You'd have to overcome the problem of dragout and water addition. If you can prevent concentration change of the electrolyte, you may have a fighting chance, but you'd likely be far better served to build a tank that simply allows for easy cleaning, plus has a greater volume, so you can run for a prolonged period of time without recovering gold. If you increase volume, you'll need a larger power supply. 

The cell I witnessed was built as a funnel, with a ball valve at the bottom. To clean the cell, the electrolyte was drained by opening the valve, and new electrolyte introduced. The cell was down only briefly. The extracted electrolyte was then allowed to settle, then reused when the cell was cleaned with the next cycle. 

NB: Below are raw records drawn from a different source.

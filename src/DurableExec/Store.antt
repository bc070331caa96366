-- ===== src/DurableExec/Store.antt =====
-- runtime/durable_exec.py, `load` and `save`: the receipts on disk, and what the module asks of
-- systemd.
use mola_core.Base.{String, Bool, ◌&&◌, Option, none, some, List, [], ◌∷◌, leb, if◌then◌else◌}
use mola_core.Base.Dict.{Dict, lookup, insert}
use mola_core.Base.Failing.{Result, ok, err, Exec, exec_bind}
use mola_core.DurableExec.Request.{Error, exec_error, os_error, unsafe_exec_receipt}
use mola_core.DurableExec.Receipt.{Receipt}
use mola_core.DurableExec.Host.{Host, Stat, safe_file}

-- A file of the receipts folder: what `fstat` tells of it, and the JSON in it.
pub record File : Type 0 where
  pub stat : Stat
  pub receipt : Receipt

-- Effects outside the receipts, each with the operation's identifier: `systemd-run` was called, the
-- worker passed its launch fence, it started the command, `systemctl stop` was called.
pub data Effect : Type 0 where
  launched passed ran stopped : String → Effect

pub record State : Type 0 where
  pub files : Dict File
  pub effects : List Effect

abbrev pub start : State
start = record { files = []; effects = [] }

abbrev pub Action : Type 0 → Type 0
Action A = Exec State Error A

infixl 5 ◌>>=◌ ◌>>◌
abbrev pub ◌>>=◌ : {A B : Type 0} → Action A → (A → Action B) → Action B
m >>= f = exec_bind m f

abbrev pub ◌>>◌ : {A B : Type 0} → Action A → Action B → Action B
m >> n = exec_bind m (λ _. n)

abbrev pub readable : Host → Option File → Result Error (Option Receipt)
readable h none = ok none
readable h (some f) =
    if safe_file h f.stat && leb f.stat.size 262144
    then ok (some f.receipt)
    else err (exec_error unsafe_exec_receipt 501)

-- The file of an identifier, if there is one; an unsafe file is refused.
unfoldable pub load : Host → String → Action (Option Receipt)
load h path s = (readable h (lookup path s.files), s)

-- Writes a private temporary file and renames it: the receipt is replaced whole, or not at all.
unfoldable pub save : Host → String → Receipt → Action (Unit {0})
save h path r s =
    if h.writable then (ok tt, record s { files = insert path file s.files }) else (err os_error, s)
  where
    file : File
    file = record {
      stat = record {
        directory = Bool.false;
        regular = Bool.true;
        link = Bool.false;
        owner = h.uid;
        mode = 0o600;
        size = h.encoded_size r;
      };
      receipt = r;
    }

unfoldable pub emit : Effect → Action (Unit {0})
emit e s = (ok tt, record s { effects = e ∷ s.effects })
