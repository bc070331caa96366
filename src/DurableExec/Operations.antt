-- ===== src/DurableExec/Operations.antt =====
-- runtime/durable_exec.py: `reconcile`, `status` and `submit`.
use mola_core.Base.{
  ℕ, ◌-◌, ◌*◌, String, Bool, true, false, ◌&&◌, ◌||◌, not, Option, none, some, ltb, ◌==◌, str_eq,
  is_some, if◌then◌else◌,
}
use mola_core.Base.Failing.{pure, lift, require, or_raise}
use mola_core.Base.Int.{pos, is_zero}
use mola_core.Base.Json.{Members, get, as_str}
use mola_core.DurableExec.Request.{
  Error, exec_error, os_error, key_error, Operation, operation, spec, exec_source_unavailable,
  exec_payload_mismatch, exec_binding_mismatch, exec_scope_unsupported, exec_operation_not_found,
}
use mola_core.DurableExec.Receipt.{
  Receipt, queued, outcome_unknown, completed, failed, Outcome, Public, public, same_binding,
  is_terminal, is_queued, is_running, is_finishing, is_unknown,
}
use mola_core.DurableExec.Host.{
  Host, second, path_for, enter_lock, capabilities, scope_gone, worker_state, is_dead, unit_of,
}
use mola_core.DurableExec.Store.{Action, ◌>>=◌, ◌>>◌, load, save, emit, launched}

abbrev cancelled_outcome : Outcome
cancelled_outcome = record {
  exit_code = pos 130;
  stdout = "";
  stderr = "";
  timed_out = false;
  cancelled = true;
}

-- The terminal receipt of a cancelled operation.
abbrev pub as_cancelled : ℕ → Receipt → Receipt
as_cancelled now r = record r {
  status = failed;
  finished_at = some now;
  result = some cancelled_outcome;
}

abbrev pub as_unknown : Receipt → Receipt
as_unknown r = record r { status = outcome_unknown }

abbrev pub as_finished : ℕ → Outcome → Receipt → Receipt
as_finished now o r = record r {
  status = if is_zero o.exit_code then completed else failed;
  finished_at = some now;
}

-- Fifteen seconds after acceptance a queued operation is no longer launched.
abbrev pub late : Host → Receipt → Bool
late h r = ltb (15 * second) (h.now - r.accepted_at)

abbrev pub lost : Host → String → Receipt → Bool
lost h boot r =
    not (str_eq r.guest_boot_id boot)
    || is_queued r.status && late h r
    || is_running r.status && is_dead (worker_state h r)

abbrev pub cancelled_and_gone : Host → Receipt → Bool
cancelled_and_gone h r =
    is_some r.cancel_requested_at && (is_running r.status || is_unknown r.status) && scope_gone h r

unfoldable pub reconcile : Host → String → Receipt → Action Receipt
reconcile h path r =
    if is_terminal r.status
    then pure r
    else if is_finishing r.status && scope_gone h r
    then (do
      outcome ← lift (or_raise r.result key_error)
      save h path (as_finished h.now outcome r)
      pure (as_finished h.now outcome r))
    else if is_some r.cancel_requested_at
        && (is_running r.status || is_unknown r.status)
        && scope_gone h r
    then (do save h path (as_cancelled h.now r); pure (as_cancelled h.now r))
    else (do
      boot ← lift h.boot
      if lost h boot r then (do save h path (as_unknown r); pure (as_unknown r)) else pure r)

abbrev pub found : Option Receipt → Action Receipt
found o = lift (or_raise o (exec_error exec_operation_not_found 404))

unfoldable pub status : Host → Members → Action Public
status h arguments = do
  o ← lift (operation arguments)
  path ← lift (path_for h o.identifier)
  lift (enter_lock h)
  loaded ← load h path
  r ← found loaded
  lift (same_binding r arguments)
  r' ← reconcile h path r
  lift (public r')

-- The binding that the supervisor sends beside the arguments.
pub record Binding : Type 0 where
  pub generation : Option ℕ
  pub boot_id : Option String

abbrev is_nat : Option ℕ → ℕ → Bool
is_nat none n = false
is_nat (some m) n = m == n

abbrev is_str : Option String → String → Bool
is_str none s = false
is_str (some t) s = str_eq t s

-- A new receipt.
abbrev pub accepted : Host → Operation → String → String → Receipt
accepted h o digest boot = record {
  operation_id = o.identifier;
  generation = o.generation;
  boot_id = o.boot;
  guest_boot_id = boot;
  payload_digest = digest;
  attempt = h.fresh_attempt;
  unit = unit_of h.fresh_attempt;
  status = queued;
  accepted_at = h.now;
  worker_pid = none;
  worker_start = none;
  scope = none;
  started_at = none;
  cancel_requested_at = none;
  command_ended_at = none;
  finished_at = none;
  result = none;
}

-- `subprocess.Popen` of systemd-run, and the mark on the receipt when it raises.
unfoldable pub launch : Host → String → Receipt → Action Receipt
launch h path r = do
  emit (launched path)
  if h.popen_works then pure r else (do save h path (as_unknown r); pure (as_unknown r))

-- The part of `submit` for an operation that is already known.
unfoldable pub resubmit : Host → Members → String → String → Receipt → Action Public
resubmit h arguments path digest r = do
  lift (same_binding r arguments)
  require (str_eq r.payload_digest digest) (exec_error exec_payload_mismatch 400)
  r' ← reconcile h path r
  lift (public r')

-- The part of `submit` for a new operation.
unfoldable pub accept : Host → Operation → Binding → String → String → Action Public
accept h o binding path digest = do
  require (is_nat binding.generation o.generation && is_str binding.boot_id o.boot) mismatch
  boot ← lift h.boot
  require (str_eq o.boot boot) mismatch
  require (capabilities h).supported (exec_error exec_scope_unsupported 501)
  save h path (accepted h o digest boot)
  require h.memfd (exec_error exec_scope_unsupported 501)
  require h.private_input_works os_error
  r ← launch h path (accepted h o digest boot)
  lift (public r)
  where
    mismatch : Error
    mismatch = exec_error exec_binding_mismatch 400

-- `if record is not None`
unfoldable pub on_loaded :
    Host → Operation → Members → Binding → String → String → Option Receipt → Action Public
on_loaded h o arguments binding path digest none = accept h o binding path digest
on_loaded h o arguments binding path digest (some r) = resubmit h arguments path digest r

unfoldable pub submit : Host → Members → Binding → String → Action Public
submit h arguments binding source = do
  o ← lift (operation arguments)
  lift (spec h.dumps_length arguments)
  require (not (str_eq source "")) (exec_error exec_source_unavailable 501)
  path ← lift (path_for h o.identifier)
  lift (enter_lock h)
  loaded ← load h path
  digest ← lift (or_raise (as_str (get "payload_digest" arguments)) key_error)
  on_loaded h o arguments binding path digest loaded
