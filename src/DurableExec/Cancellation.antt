-- ===== src/DurableExec/Cancellation.antt =====
-- runtime/durable_exec.py: `cancel`, its locked section and what follows it.
use mola_core.Base.{
  ℕ, String, Bool, false, Option, none, some, List, [], ◌∷◌, str_eq, is_some, if◌then◌else◌,
}
use mola_core.Base.Failing.{Result, ok, err, pure, lift, require, or_raise}
use mola_core.Base.Json.{Members}
use mola_core.DurableExec.Request.{
  Error, exec_error, os_error, key_error, operation, exec_scope_unknown,
}
use mola_core.DurableExec.Receipt.{Receipt, Public, public, same_binding, is_terminal, is_queued}
use mola_core.DurableExec.Host.{
  Host, lines, missing, unreadable, path_for, enter_lock, process_state, scope_path,
}
use mola_core.DurableExec.Store.{Action, ◌>>=◌, ◌>>◌, load, save, emit, stopped}
use mola_core.DurableExec.Operations.{as_cancelled, as_unknown, reconcile, found, status}

abbrev pub requested : Host → Receipt → Receipt
requested h r =
    if is_some r.cancel_requested_at then r else record r { cancel_requested_at = some h.now }

-- What the cancelling section leaves to do: nothing, or to stop the unit and ask for the status.
pub data Next : Type 0 where
  answer : Public → Next
  stop : Next

abbrev pub scope_of : List String → List String
scope_of [] = []
scope_of (l ∷ ls) = elim (zeroth l) [ none ↦ scope_of ls | some s ↦ s ∷ scope_of ls ]
  where
    zeroth : String → Option String
    zeroth (String.◌∷◌ a (String.◌∷◌ b (String.◌∷◌ c rest))) =
        if str_eq (String.◌∷◌ a (String.◌∷◌ b (String.◌∷◌ c String.[]))) "0::"
        then some rest
        else none
    zeroth _ = none

abbrev only : List String → Option String → Bool
only (s ∷ []) (some t) = str_eq s t
only _ _ = false

unfoldable pub in_own_scope : Host → ℕ → Option String → Result Error Bool
in_own_scope h pid scope = elim (h.proc_cgroup pid) [
  | lines ls ↦ ok (only (scope_of ls) scope)
  | missing ↦ err os_error
  | unreadable ↦ err os_error
]

abbrev unknown_scope : Error
unknown_scope = exec_error exec_scope_unknown 501

unfoldable pub answered : Receipt → Action Next
answered r = do shown ← lift (public r); pure (answer shown)

-- The live worker, if any, must still be in the scope that the receipt names.
unfoldable pub check_worker : Host → Receipt → Action (Unit {0})
check_worker h r = do
  lift (scope_path h r)
  pid ← lift (or_raise r.worker_pid key_error)
  worker_start ← lift (or_raise r.worker_start key_error)
  alive ← lift (or_raise (process_state h pid worker_start) unknown_scope)
  if alive then (do own ← lift (in_own_scope h pid r.scope); require own unknown_scope) else pure tt

-- The rest of the `try` block of `cancel`, behind `reconcile`.
unfoldable pub settle : Host → String → Receipt → Action Next
settle h path r = if is_terminal r.status then answered r else (do
  boot ← lift h.boot
  require (str_eq r.guest_boot_id boot) unknown_scope
  if is_queued r.status
      then (do save h path (as_cancelled h.now r); answered (as_cancelled h.now r))
      else (do check_worker h r; pure stop))

-- `except (OSError, ValueError, KeyError, ExecError)`, which is all that the block raises.
unfoldable pub give_up : Host → String → Receipt → Action Next
give_up h path r = do save h path (as_unknown r); answered (as_unknown r)

-- `try: a = m; k(a)` with a handler for what `m` raises.
abbrev pub handled : {A B : Type 0} → (A → Action B) → Action B → Result Error A → Action B
handled k handler (ok a) = k a
handled k handler (err _) = handler

unfoldable pub caught : {A B : Type 0} → Action A → Action B → (A → Action B) → Action B
caught m handler k s = let (r, s') = m s in handled k handler r s'

-- What `cancel` does with the receipt that it found: the request is written before anything else.
unfoldable pub on_receipt : Host → Members → String → Receipt → Action Next
on_receipt h arguments path r = do
  lift (same_binding r arguments)
  if is_terminal r.status then answered r else (do
    save h path (requested h r)
    caught (reconcile h path (requested h r)) (give_up h path (requested h r))
        λ r'. caught (settle h path r') (give_up h path r') pure)

-- The locked section of `cancel`.
unfoldable pub cancel_section : Host → Members → String → Action Next
cancel_section h arguments path = do
  lift (enter_lock h)
  loaded ← load h path
  r ← found loaded
  on_receipt h arguments path r

unfoldable pub answer_next : String → Host → Members → Next → Action Public
answer_next path later arguments (answer shown) = pure shown
answer_next path later arguments stop = do emit (stopped path); status later arguments

-- `later` is what the status call at the end observes, in a locked section of its own.
unfoldable pub cancel : Host → Host → Members → Action Public
cancel h later arguments = do
  o ← lift (operation arguments)
  path ← lift (path_for h o.identifier)
  next ← cancel_section h arguments path
  answer_next path later arguments next
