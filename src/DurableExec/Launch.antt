-- ===== src/DurableExec/Launch.antt =====
-- runtime/durable_exec.py: the two locked sections of `worker`, and `dispatch`.
use mola_core.Base.{
  ℕ, String, Bool, true, ◌&&◌, not, Option, none, some, List, [], ◌∷◌, ◌==◌, str_eq, get_elem?,
  if◌then◌else◌,
}
use mola_core.Base.Failing.{Result, err, pure, raise, lift, require, or_raise}
use mola_core.Base.Json.{Members, get, as_str}
use mola_core.DurableExec.Request.{
  Error, exec_error, os_error, index_error, key_error, Operation, operation, spec,
  exec_operation_not_found, exec_launch_fenced, unsupported_exec_tool,
}
use mola_core.DurableExec.Receipt.{
  Receipt, running, finishing, Outcome, Public, same_binding, is_queued, is_running,
}
use mola_core.DurableExec.Host.{
  Host, Reading, lines, path_for, enter_lock, capabilities, Capabilities, scope_path,
}
use mola_core.DurableExec.Store.{Action, ◌>>=◌, ◌>>◌, load, save, emit, passed}
use mola_core.DurableExec.Operations.{late, status, Binding, submit}
use mola_core.DurableExec.Cancellation.{scope_of, cancel}

-- The request that `submit` hands to the worker it launches.
pub record Request : Type 0 where
  pub arguments : Members
  pub attempt : String

-- `not record.get('cancel_requested_at')`: absent, or the number 0.
abbrev pub is_falsy : Option ℕ → Bool
is_falsy none = true
is_falsy (some n) = n == 0

abbrev pub own_scope : Reading (List String) → Option String
own_scope (lines ls) = elim (scope_of ls) [ [] ↦ none | s ∷ _ ↦ some s ]
own_scope _ = none

abbrev pub own_start : Reading (List String) → Result Error String
own_start (lines fields) = or_raise (get_elem? fields 19) index_error
own_start _ = err os_error

abbrev pub as_running : ℕ → Receipt → Receipt
as_running now r = record r { status = running; started_at = some now }

-- `record.update(worker_pid=pid,worker_start=start,scope=scope)`
abbrev pub placed : ℕ → String → Option String → Receipt → Receipt
placed pid ticks scope r = record r {
  worker_pid = some pid;
  worker_start = some ticks;
  scope = scope;
}

-- Every condition that the launch fence of `worker` puts on the receipt it finds.
abbrev pub fence : Host → Operation → Request → String → String → Receipt → Bool
fence h o request digest boot r =
    str_eq r.attempt request.attempt
    && str_eq r.payload_digest digest
    && is_queued r.status
    && is_falsy r.cancel_requested_at
    && str_eq r.guest_boot_id boot
    && str_eq o.boot boot
    && not (late h r)

-- The first locked section of `worker`: what it writes lets this worker start the command, once the
-- lock is released.
unfoldable pub begin : Host → Request → Action Receipt
begin h request = do
  o ← lift (operation request.arguments)
  lift (spec h.dumps_length request.arguments)
  path ← lift (path_for h o.identifier)
  lift (enter_lock h)
  loaded ← load h path
  r ← lift (or_raise loaded (exec_error exec_operation_not_found 400))
  lift (same_binding r request.arguments)
  digest ← lift (or_raise (as_str (get "payload_digest" request.arguments)) key_error)
  boot ← lift h.boot
  require (fence h o request digest boot r) (exec_error exec_launch_fenced 400)
  worker_start ← lift (own_start (h.proc_stat h.pid))
  let mine : Receipt = placed h.pid worker_start (own_scope (h.proc_cgroup h.pid)) r
  lift (scope_path h mine)
  save h path (as_running h.now mine)
  emit (passed path)
  pure (as_running h.now mine)

abbrev pub as_finishing : ℕ → Outcome → Receipt → Receipt
as_finishing now o r = record r { status = finishing; result = some o; command_ended_at = some now }

-- `if current is None or current['attempt']!=record['attempt'] or current['status']!='running'`
unfoldable pub write_outcome :
    Host → String → Receipt → Outcome → Option Receipt → Action (Unit {0})
write_outcome h path mine outcome none = pure tt
write_outcome h path mine outcome (some current) =
    if str_eq current.attempt mine.attempt && is_running current.status
    then save h path (as_finishing h.now outcome current)
    else pure tt

-- The last locked section of `worker`: the outcome is written if the receipt is still this attempt's
-- and running.
unfoldable pub finish : Host → String → Receipt → Outcome → Action (Unit {0})
finish h path mine outcome = do
  lift (enter_lock h)
  loaded ← load h path
  write_outcome h path mine outcome loaded

pub data Reply : Type 0 where
  able : Capabilities → Reply
  shows : Public → Reply

abbrev pub showing : Action Public → Action Reply
showing m = do shown ← m; pure (shows shown)

unfoldable pub dispatch : Host → Host → String → Members → Binding → String → Action Reply
dispatch h later tool arguments binding source =
    if str_eq tool "exec_capabilities"
    then pure (able (capabilities h))
    else if str_eq tool "exec_submit"
    then showing (submit h arguments binding source)
    else if str_eq tool "exec_status"
    then showing (status h arguments)
    else if str_eq tool "exec_cancel"
    then showing (cancel h later arguments)
    else raise (exec_error unsupported_exec_tool 400)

Stripping by time may not be in your best interest. As I recall, you know when all the gold has been stripped by the fall of amperage. If you strip with a fixed period of time, you may not recover all the gold that is present, and over run some materials that are very scantily plated. 

You might be wise to dissolve a few of those pieces that you've tried stripping, the ones where you thought you'd lost the gold. It's possible you aren't going to recover all of the gold by stripping. Dissolving a few of them in nitric would prove that you had, or not. 

Harold


----------



## Ignatz61 (Jan 29, 2008)

Thanks Harold, for your reply.

I like the idea of a funnel shaped tank like you described. I am favoring a larger tank and perhaps a Stainless steel dip bucket. My reaons are 2 fold

1. I get bored dipping the parts in 1 by 1. With a perforated basket or bag like in the video I could run many parts at once.

2. I am looking at the ablity to scale up as more scrap becomes available to me.

I was aware that the gold automatically preciptated out as you said but thought it was due to the lead Cathode? So, what is the reason for the lead cathode? Is it because it is unaffected by the acid? If that is the case then could we use a lead bag or perforated container as the Anode so to speak?
lastly, And I have asked this a couple of times in various posts-How do I know when it is time to filter the acid?
Thanks again,
JOhn


----------



## aflacglobal (Jan 29, 2008)

Ignatz61 said:


> , And I have asked this a couple of times in various posts-How do I know when it is time to filter the acid?
> Thanks again,
> JOhn



http://goldrefiningforum.com/phpBB3/viewtopic.php?p=2970&highlight=modem#2970


----------



## Ignatz61 (Jan 30, 2008)

Many thanks,
john


----------



## Harold_V (Jan 30, 2008)

Ignatz61 said:


> So, what is the reason for the lead cathode?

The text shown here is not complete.